Work to be completed
Below is some data. Retype exactly the lines starting at the one with "-- ===== src/Tests/Rollups.antt" and ending at the one with "IsRollup (account_key (credential".

Exercise data
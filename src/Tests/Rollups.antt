-- ===== src/Tests/Rollups.antt =====
-- The rollup of three rows.
use cursor_pulse.Base.{ℕ, ◌≡◌, refl, true, false, List, [], ◌∷◌, Option, none, some}
use cursor_pulse.Base.Dict.{nat_eq}
use cursor_pulse.Base.Sorting.{sort_by}
use cursor_pulse.Base.Text.{strip, text_key}
use cursor_pulse.Loans.{Credential, get_credential}
use cursor_pulse.Usage.{
  Usage, rollup_proxy_usages, rollup_loop, account_key, model_key, day_key, put_bucket, count_row,
  count_item,
}
use cursor_pulse.Usage.Totals.{IsRollup, cents_in, rollup_proxy_usages_exact}

abbrev credential : Credential
credential = record {
  id = 10;
  account_id = 100;
  remote_key_id = 0;
  key_hash = none;
  is_loan_key = false;
  is_active = true;
  sync_enabled = true;
  has_value = true;
}

abbrev usage : ℕ → ℕ → ℕ → Usage
usage id credential_id cents = record {
  id = id;
  credential_id = credential_id;
  model = none;
  total_tokens = 5;
  cost_cents = cents;
  ts = id;
}

abbrev rows : List Usage
rows = usage 3 10 20 ∷ usage 2 0 7 ∷ usage 1 10 30 ∷ []

abbrev first_day : ℕ → Option ℕ
first_day ts = some 0

rollup_proxy_usages_exact_example :
    let r = rollup_proxy_usages (credential ∷ []) first_day rows 2 in
    IsRollup (account_key (credential ∷ [])) rows r.by_account
    × IsRollup model_key rows r.by_model
    × IsRollup (day_key first_day) rows r.by_day
rollup_proxy_usages_exact_example = rollup_proxy_usages_exact (credential ∷ []) first_day rows 2

rollup-cents : cents_in (rollup_proxy_usages (credential ∷ []) first_day rows 2).by_account ≡ 57
unfolding rollup_proxy_usages rollup_loop account_key model_key day_key put_bucket count_row
    count_item sort_by get_credential strip
rollup-cents = refl
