-- ===== src/Tests/Rules.antt =====
-- Spend rules and billing scopes at concrete inputs.
use cursor_pulse.Base.{
  ℕ, ◌*◌, ◌≤◌, ◌<◌, ◌≡◌, ◌≢◌, ◌↔◌, refl, sym, ap, ◌∙◌, ◌||◌, ◌&&◌, List, [], ◌∷◌, map, Option, none,
  some, arith, inl, inr, All, any, sum_by, length,
}
use cursor_pulse.Base.Int.{pos}
use cursor_pulse.Base.Text.{Text, codes, strip, lower, contains, starts_with}
use cursor_pulse.Billing.{
  is_likely_byok_model, is_third_party_model, is_auto_composer_model, normalize_cursor_model_name,
  normalize_event_kind, join_words, is_digit, is_upper, upper_char, kind_prefix, drop_prefix,
  kind_family, classify_billing_scope, pool_for_row,
}
use cursor_pulse.Billing.Agree.{pool_for_row-kind_family}
use cursor_pulse.Spend.Rule.{
  Period, five_hours, week, SpendPool, api, total, SpendRule, RuleKey, rule_key, RawRule, dict, int,
  null, ok, parse_item, loan_usage_cap_pool, parse_spend_rules, rules_from_json, as_dict,
  min_merge_rules,
}
use cursor_pulse.Spend.Window.{
  UsageRow, Scope, member, Event, event_ts, event_cents, usage_resets_at, window_cutoff,
  prefetch_null_pool_rows, sum_window_cents_fast, sum_window_usage_cents, window_events_fast,
}
use cursor_pulse.Spend.Check.{Verdict, check_spend_rules, rule_in}
use cursor_pulse.Spend.Verdict.{is_limited, reached, check_spend_rules_limits}
use cursor_pulse.Spend.Resets.{used_at, usage_resets_at_exact}
use cursor_pulse.Spend.Totals.{sum_window_cents_fast_lem}
use cursor_pulse.Spend.Merging.{min_merge_rules_meet}
use cursor_pulse.Spend.Parsing.{DistinctKeys, parse_spend_rules_sound, parse_spend_rules-as_dict}

abbrev hour : ℕ
hour = 3_600_000_000

abbrev now : ℕ
now = 1000 * hour

abbrev gpt : Option Text
gpt = some (codes "gpt-5")

abbrev usage : ℕ → ℕ → Option Text → UsageRow
usage ts cents pool = record {
  member_id = 7;
  loan_id = 0;
  ts = ts;
  cost_cents = cents;
  usage_cap_pool = pool;
  model = gpt;
}

abbrev table : List UsageRow
table = usage (998 * hour) 300 (some (codes "api")) ∷ usage (997 * hour) 250 none ∷ []

abbrev limit_on : Period → SpendPool → ℕ → SpendRule
limit_on period pool cents = record { period = period; pool = pool; limit_cents = cents }

abbrev rules : List SpendRule
rules = limit_on five_hours api 500 ∷ limit_on week total 900 ∷ []

gpt-api : loan_usage_cap_pool gpt ≡ some api
unfolding loan_usage_cap_pool is_likely_byok_model is_third_party_model is_auto_composer_model
    normalize_cursor_model_name strip lower contains starts_with
gpt-api = refl

check_spend_rules_limits_example :
    (v : Verdict) × (check_spend_rules table rules gpt 7 0 now ≡ some v)
    × (is_limited v
        ≡ any (λ r. (rule_in api r || rule_in total r) && reached table (member 7) now r) rules)
unfolding cursor_pulse.Spend.Window.scope_filter
check_spend_rules_limits_example =
    check_spend_rules_limits table rules gpt 7 0 now api (member 7) gpt-api refl
      (inr (inr (inr refl)), (inl refl, tt)) (omega arith, (omega arith, tt))

abbrev events : List Event
events = (10, 300) ∷ (20, 250) ∷ (30, 100) ∷ []

usage_resets_at_exact_example :
    (t : ℕ) × (usage_resets_at events 400 50 ≡ some t)
    × ((s : ℕ) → t ≤ s → used_at 50 s events < 400)
    × ((s : ℕ) → s < t → 400 ≤ used_at 50 s events)
usage_resets_at_exact_example =
    usage_resets_at_exact events 400 50
      ((omega arith, (omega arith, tt)), ((omega arith, tt), (tt, tt))) (omega arith) (omega arith)

usage_resets_at_run : usage_resets_at events 400 50 ≡ some 60
unfolding usage_resets_at
usage_resets_at_run = refl

sum_window_cents_fast_lem_example :
    let nulls = prefetch_null_pool_rows table (member 7) (990 * hour) in
    (sum_window_cents_fast table (member 7) (window_cutoff now (5 * hour)) api nulls
      ≡ sum_window_usage_cents table (member 7) (5 * hour) api now)
    × (sum_by event_cents
          (window_events_fast table (member 7) (window_cutoff now (5 * hour)) api nulls)
        ≡ sum_window_usage_cents table (member 7) (5 * hour) api now)
unfolding window_cutoff
sum_window_cents_fast_lem_example =
    sum_window_cents_fast_lem table (member 7) (5 * hour) now (990 * hour) api
      (inr (inr (inr refl)), (inl refl, tt)) (omega arith)

abbrev incoming : List SpendRule
incoming = limit_on five_hours api 300 ∷ []

abbrev spent : RuleKey → ℕ
spent k = 350

min_merge_rules_meet_example :
    All (λ r. spent (rule_key r) < r.limit_cents) (min_merge_rules rules incoming) ↔ (
      All (λ r. spent (rule_key r) < r.limit_cents) rules
      × All (λ r. spent (rule_key r) < r.limit_cents) incoming)
min_merge_rules_meet_example = min_merge_rules_meet rules incoming spent

min_merge_rules_run :
    min_merge_rules rules incoming ≡ limit_on five_hours api 300 ∷ limit_on week total 900 ∷ []
unfolding min_merge_rules
min_merge_rules_run = refl

abbrev items : List RawRule
items =
    record {
      period = some (codes " 5h");
      pool = some (codes "api");
      limit_cents = null;
      cost_usd = int (pos 5);
    }
    ∷ record {
      period = some (codes "week");
      pool = some (codes "total");
      limit_cents = int (pos 900);
      cost_usd = null;
    }
    ∷ []

items-rules : parse_spend_rules (some items) ≡ ok rules
unfolding parse_spend_rules parse_item strip
items-rules = refl

parse_spend_rules_sound_example :
    All (λ r. 100 ≤ r.limit_cents) rules × DistinctKeys rules × (length rules ≡ length items)
parse_spend_rules_sound_example = parse_spend_rules_sound items rules items-rules

parse_spend_rules-as_dict_example :
    (rules_from_json (some (map (λ r. dict (as_dict r)) rules)) ≡ rules)
    × (parse_spend_rules (some (map as_dict rules)) ≡ ok rules)
parse_spend_rules-as_dict_example = parse_spend_rules-as_dict items rules items-rules

kind_family_run : kind_family (some (codes "Included")) ≡ codes "included"
unfolding kind_family normalize_event_kind join_words is_digit is_upper upper_char kind_prefix
    drop_prefix strip starts_with
kind_family_run = refl

Included-known : kind_family (some (codes "Included")) ≢ codes "unknown"
Included-known e = omega (arith, ap length (sym kind_family_run ∙ e))

pool_for_row-kind_family_example :
    pool_for_row gpt (some (kind_family (some (codes "Included"))))
    ≡ classify_billing_scope (some (codes "Included")) gpt
pool_for_row-kind_family_example =
    pool_for_row-kind_family (some (codes "Included")) gpt Included-known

Exercise solution
-- ===== src/Tests/Rollups.antt =====
-- The rollup of three rows.
use cursor_pulse.Base.{ℕ, ◌≡◌, refl, true, false, List, [], ◌∷◌, Option, none, some}
use cursor_pulse.Base.Dict.{nat_eq}
use cursor_pulse.Base.Sorting.{sort_by}
use cursor_pulse.Base.Text.{strip, text_key}
use cursor_pulse.Loans.{Credential, get_credential}
use cursor_pulse.Usage.{
  Usage, rollup_proxy_usages, rollup_loop, account_key, model_key, day_key, put_bucket, count_row,
  count_item,
}
use cursor_pulse.Usage.Totals.{IsRollup, cents_in, rollup_proxy_usages_exact}

abbrev credential : Credential
credential = record {
  id = 10;
  account_id = 100;
  remote_key_id = 0;
  key_hash = none;
  is_loan_key = false;
  is_active = true;
  sync_enabled = true;
  has_value = true;
}

abbrev usage : ℕ → ℕ → ℕ → Usage
usage id credential_id cents = record {
  id = id;
  credential_id = credential_id;
  model = none;
  total_tokens = 5;
  cost_cents = cents;
  ts = id;
}

abbrev rows : List Usage
rows = usage 3 10 20 ∷ usage 2 0 7 ∷ usage 1 10 30 ∷ []

abbrev first_day : ℕ → Option ℕ
first_day ts = some 0

rollup_proxy_usages_exact_example :
    let r = rollup_proxy_usages (credential ∷ []) first_day rows 2 in
    IsRollup (account_key (credential ∷ [])) rows r.by_account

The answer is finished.